If you use Eclipse on OSX or Windows with a lot of project folders loaded at
once, you will see how much better it is than on Linux.

Maybe this is the issue I'm having when trying to explain the problem I'm
facing. A lot of people seem to think that I'm complaining about the new Juno
interface when this issue has been around much longer than Juno.

------
sciurus
The work they're doing for the new hardware and software enablement on the LTS
is interesting.

"LXF: Looking towards the server, I know recently that you increased your
support life cycle to five years…

JS: Our LTS releases used to be three years on the desktop and five on the
server, and we made two changes.
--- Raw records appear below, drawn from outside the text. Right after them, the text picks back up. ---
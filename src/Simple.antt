-- ===== src/Simple.antt =====
-- simple_consts.hpp: the request that the io_uring programs hand to the ring, and the list of those
-- in flight.
pub mod Flight
use fast_net.Base.{ℕ, zero, suc, ◌+◌, ◌*◌, List, [], ◌∷◌, Option, none, some}

pub data EventType : Type 0 where
  read_event write_event send_event recv_event : EventType

-- RequestData: `address` is the block that holds it, `words` what its array holds.
pub record RequestData : Type 0 where
  pub address : ℕ
  pub seq_owner : ℕ
  pub seq_number : ℕ
  pub event_type : EventType
  pub buffer_offset : ℕ
  pub words : List ℕ

-- sizeof(RequestData) with 8-byte words and pointers; the array at its end adds nothing.
abbrev pub sizeof_request_data : ℕ
sizeof_request_data = 40

abbrev pub sizeof_word : ℕ
sizeof_word = 4

-- The two sizes of buffers: with an array of a page, and of one word.
abbrev pub page_buffer_size : ℕ → ℕ
page_buffer_size page_size = sizeof_request_data + page_size * sizeof_word

abbrev pub word_buffer_size : ℕ
word_buffer_size = sizeof_request_data + sizeof_word

-- Takes the request at an index out of those in flight.
unfoldable pub take_out {ℓ} : {A : Type ℓ} → ℕ → List A → Option (A × List A)
take_out i [] = none
take_out zero (r ∷ rs) = some (r, rs)
take_out (suc i) (r ∷ rs) = elim (take_out i rs) [ none ↦ none | some (q, qs) ↦ some (q, r ∷ qs) ]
One was bringing the desktop up to five
years, and that was in response to enterprise demand.

And the second change we made was to make a stronger commitment around making
those LTS versions available on new hardware as it comes out, so that people
can get hardware refreshes and still maintain a stable software platform
across the enterprise.

So we'll make the 12.10 kernel work with 12.04 and the 13.04 kernel work with
12.04. So if you need that kernel for hardware support, it will be available.

LXF: Red Hat recently announced it was increasing its server support cycle
from, I think it was, seven years to 10 years; does Ubuntu feel any pressure
to match that?

JS: We're not seeing that right now. I think the reason is the different use
cases in terms of people who use Red Hat and people who use Ubuntu. And,
interestingly, we're seeing pressure almost in the opposite direction.

One of the things that's happening in the server world is that everything
cloud-related is so fast moving, it's not realistic to think you're going to
do something now and want the same tools and software in 10 years. What we see
is people wanting the stability of the base OS, but wanting new hardware
support for one, and newer software for cloud-related activities.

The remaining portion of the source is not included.